**Task:** In the material below, find the line containing "Bytes → SubstrateDefaultSignedExtra" and the line containing "Composed = UncheckedExtrinsicV4", then reproduce exactly both of them and every line between, and nothing else.

**Excerpted records:**

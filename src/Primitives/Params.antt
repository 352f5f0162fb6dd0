-- ===== src/Primitives/Params.antt =====
-- primitives/src/extrinsic_params.rs, compose-macros/src/lib.rs and the parts of
-- src/src/api/api_client.rs that they use: what is signed with an extrinsic, and how it is composed.
use substrate_api_client.Prelude.{ℕ, String, Option, none, some, ◌∷◌, ◌++◌}
use substrate_api_client.Prelude.{Bytes, length, Result, ok, panic, ◌>>=◌, if◌then◌else◌, ltb}
use substrate_api_client.Node.Metadata.Types.{Metadata, find_pallet, call_index}
use substrate_api_client.Primitives.Extrinsic.{UncheckedExtrinsicV4, new_signed}
use mathlib.Core.Option.{get_or}

-- `Era` of sp_runtime, as far as it is used.
pub data Era : Type 0 where
  immortal : Era
  mortal : ℕ → ℕ → Era

pub record SubstrateDefaultSignedExtra (Tip Index : Type 0) : Type 0 where
  pub era : Era
  pub nonce : Index
  pub tip : Tip

-- The fields that are not the unit.
pub record SubstrateDefaultAdditionalSigned (Hash : Type 0) : Type 0 where
  pub spec_version : ℕ
  pub transaction_version : ℕ
  pub genesis_hash : Hash
  pub mortality_checkpoint : Hash

pub record BaseExtrinsicParams (Tip Index Hash : Type 0) : Type 0 where
  pub era : Era
  pub nonce : Index
  pub tip : Tip
  pub spec_version : ℕ
  pub transaction_version : ℕ
  pub genesis_hash : Hash
  pub mortality_checkpoint : Hash

pub record BaseExtrinsicParamsBuilder (Tip Hash : Type 0) : Type 0 where
  pub era : Era
  pub mortality_checkpoint : Option Hash
  pub tip : Tip

-- src/src/api/api_client.rs, without the RPC client; the versions are those of `runtime_version`.
pub record Api (Signer Tip Hash : Type 0) : Type 0 where
  pub signer : Option Signer
  pub genesis_hash : Hash
  pub metadata : Metadata
  pub spec_version : ℕ
  pub transaction_version : ℕ
  pub extrinsic_params_builder : Option (BaseExtrinsicParamsBuilder Tip Hash)

module _ {Tip Hash : Type 0} where
  unfoldable pub set_era :
      BaseExtrinsicParamsBuilder Tip Hash → Era → Hash → BaseExtrinsicParamsBuilder Tip Hash
  set_era b era checkpoint = record b { era = era; mortality_checkpoint = some checkpoint }

  unfoldable pub set_tip :
      BaseExtrinsicParamsBuilder Tip Hash → Tip → BaseExtrinsicParamsBuilder Tip Hash
  set_tip b tip = record b { tip = tip }

module _ {Tip : Type 0} (Hash : Type 0) where
  -- `Default`, by the default tip.
  unfoldable pub default_builder : Tip → BaseExtrinsicParamsBuilder Tip Hash
  default_builder tip = record { era = immortal; mortality_checkpoint = none; tip = tip }

module _ {Tip Index Hash : Type 0} where
  unfoldable pub new_params :
      ℕ
      → ℕ
      → Index
      → Hash
      → BaseExtrinsicParamsBuilder Tip Hash
      → BaseExtrinsicParams Tip Index Hash
  new_params spec_version transaction_version nonce genesis_hash b = record {
    era = b.era;
    nonce = nonce;
    tip = b.tip;
    spec_version = spec_version;
    transaction_version = transaction_version;
    genesis_hash = genesis_hash;
    mortality_checkpoint = get_or b.mortality_checkpoint genesis_hash;
  }

  unfoldable pub signed_extra :
      BaseExtrinsicParams Tip Index Hash → SubstrateDefaultSignedExtra Tip Index
  signed_extra p = record { era = p.era; nonce = p.nonce; tip = p.tip }

  unfoldable pub additional_signed :
      BaseExtrinsicParams Tip Index Hash → SubstrateDefaultAdditionalSigned Hash
  additional_signed p = record {
    spec_version = p.spec_version;
    transaction_version = p.transaction_version;
    genesis_hash = p.genesis_hash;
    mortality_checkpoint = p.mortality_checkpoint;
  }

  unfoldable pub extrinsic_params :
      {Signer : Type 0} → Tip → Api Signer Tip Hash → Index → BaseExtrinsicParams Tip Index Hash
  unfolding new_params default_builder
  extrinsic_params default_tip api nonce =
      new_params api.spec_version api.transaction_version nonce api.genesis_hash
        (get_or api.extrinsic_params_builder (default_builder Hash default_tip))

-- A call as its encoded bytes. `unwrap` panics on names that the metadata does not have.
unfoldable pub compose_call : {E : Type 0} → Metadata → String → String → Bytes → Result E Bytes
unfolding find_pallet call_index
compose_call m pallet call_name args = elim (find_pallet m pallet) [
  | ok p ↦ elim (call_index p call_name) [ ok i ↦ ok (p.index ∷ i ∷ args) | _ ↦ panic ]
  | _ ↦ panic
]

-- Code that is called: the signer's key pair, and the encodings and the hash of the payload.
pub record Signing (Signer Account Signature Tip Index Hash : Type 0) : Type 0 where
  pub sign : Signer → Bytes → Signature
  pub account : Signer → Account
  pub encode_extra : SubstrateDefaultSignedExtra Tip Index → Bytes
  pub encode_additional : SubstrateDefaultAdditionalSigned Hash → Bytes
  pub blake2_256 : Bytes → Bytes

module _ {Signer Account Signature Tip Index Hash : Type 0}
    (k : Signing Signer Account Signature Tip Index Hash) where
  -- `SignedPayload::using_encoded`: what is signed for an encoded payload.
  unfoldable pub using_encoded : Bytes → Bytes
  using_encoded payload = if ltb 256 (length payload) then k.blake2_256 payload else payload

  unfoldable pub payload :
      Bytes → SubstrateDefaultSignedExtra Tip Index → SubstrateDefaultAdditionalSigned Hash → Bytes
  payload call extra additional = call ++ (k.encode_extra extra ++ k.encode_additional additional)

  abbrev pub Composed : Type 0
  Composed = UncheckedExtrinsicV4 Account Signature (SubstrateDefaultSignedExtra Tip Index) Bytes

  unfoldable pub compose_extrinsic_offline :
      Signer → Bytes → BaseExtrinsicParams Tip Index Hash → Composed
  unfolding signed_extra additional_signed using_encoded payload new_signed
  compose_extrinsic_offline signer call params =
      let extra = signed_extra params in
      let signature =
        k.sign signer (using_encoded (payload call extra (additional_signed params))) in
      new_signed call (k.account signer) signature extra

  -- `nonce` is what the node answers to `get_nonce`.
  unfoldable pub compose_extrinsic :
      {E : Type 0}
      → Tip
      → Api Signer Tip Hash
      → Result E Index
      → String
      → String
      → Bytes
      → Result E Composed
  unfolding compose_call compose_extrinsic_offline extrinsic_params
  compose_extrinsic default_tip api nonce pallet call_name args =
      compose_call api.metadata pallet call_name args >>= λ call. elim api.signer [
        | some signer ↦ elim nonce [
          | ok n ↦ ok (compose_extrinsic_offline signer call (extrinsic_params default_tip api n))
          | _ ↦ panic
        ]
        | none ↦ ok (record { signature = none; function = call })
      ]
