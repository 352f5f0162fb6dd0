-- ===== src/Client/Extrinsics/Common.antt =====
-- src/src/extrinsic/common.rs, and what all builders of extrinsics share. A derived `Encode` writes
-- the fields one after the other, and a tuple its parts.
use substrate_api_client.Prelude.{ℕ, String, List, [], ◌++◌, Bytes, Result}
use substrate_api_client.Primitives.Params.{Api, Signing, Composed, compose_extrinsic}

-- The encodings of parity-scale-codec, sp_runtime and sp_core for the types of arguments.
pub record Encodings (Address Balance AccountId Hash Destination : Type 0) : Type 0 where
  pub address : Address → Bytes
  pub addresses : List Address → Bytes
  pub compact_balance : Balance → Bytes
  pub compact_gas : ℕ → Bytes
  pub u32 : ℕ → Bytes
  pub account_id : AccountId → Bytes
  pub hash : Hash → Bytes
  pub reward_destination : Destination → Bytes
  pub vec_u8 : Bytes → Bytes

pub record PayoutStakers (AccountId : Type 0) : Type 0 where
  pub validator_stash : AccountId
  pub era : ℕ

pub record ForceEra : Type 0 where

pub record Batch (Call : Type 0) : Type 0 where
  pub calls : List Call

module _ {Address Balance AccountId Hash Destination : Type 0}
    (e : Encodings Address Balance AccountId Hash Destination) where
  unfoldable pub encode_payout_stakers : PayoutStakers AccountId → Bytes
  encode_payout_stakers p = e.account_id p.validator_stash ++ e.u32 p.era

unfoldable pub encode_force_era : ForceEra → Bytes
encode_force_era f = []

-- `calls_of` is the encoding of a vector of calls.
unfoldable pub encode_batch : {Call : Type 0} → (List Call → Bytes) → Batch Call → Bytes
encode_batch calls_of b = calls_of b.calls

-- What a builder composes its extrinsic with: the signing, the `Api` and the nonce of the node.
pub record Composer (Signer Account Signature Tip Index Hash E : Type 0) : Type 0 where
  pub signing : Signing Signer Account Signature Tip Index Hash
  pub default_tip : Tip
  pub api : Api Signer Tip Hash
  pub nonce : Result E Index

-- `compose_extrinsic!(self, pallet, call, args…)`
unfoldable pub composed :
    {Signer Account Signature Tip Index Hash E : Type 0}
    (c : Composer Signer Account Signature Tip Index Hash E)
    → String
    → String
    → Bytes
    → Result E (Composed c.signing)
unfolding compose_extrinsic
composed c pallet call args =
    compose_extrinsic c.signing c.default_tip c.api c.nonce pallet call args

**Solution for this task:**
      Bytes → SubstrateDefaultSignedExtra Tip Index → SubstrateDefaultAdditionalSigned Hash → Bytes
  payload call extra additional = call ++ (k.encode_extra extra ++ k.encode_additional additional)

  abbrev pub Composed : Type 0
  Composed = UncheckedExtrinsicV4 Account Signature (SubstrateDefaultSignedExtra Tip Index) Bytes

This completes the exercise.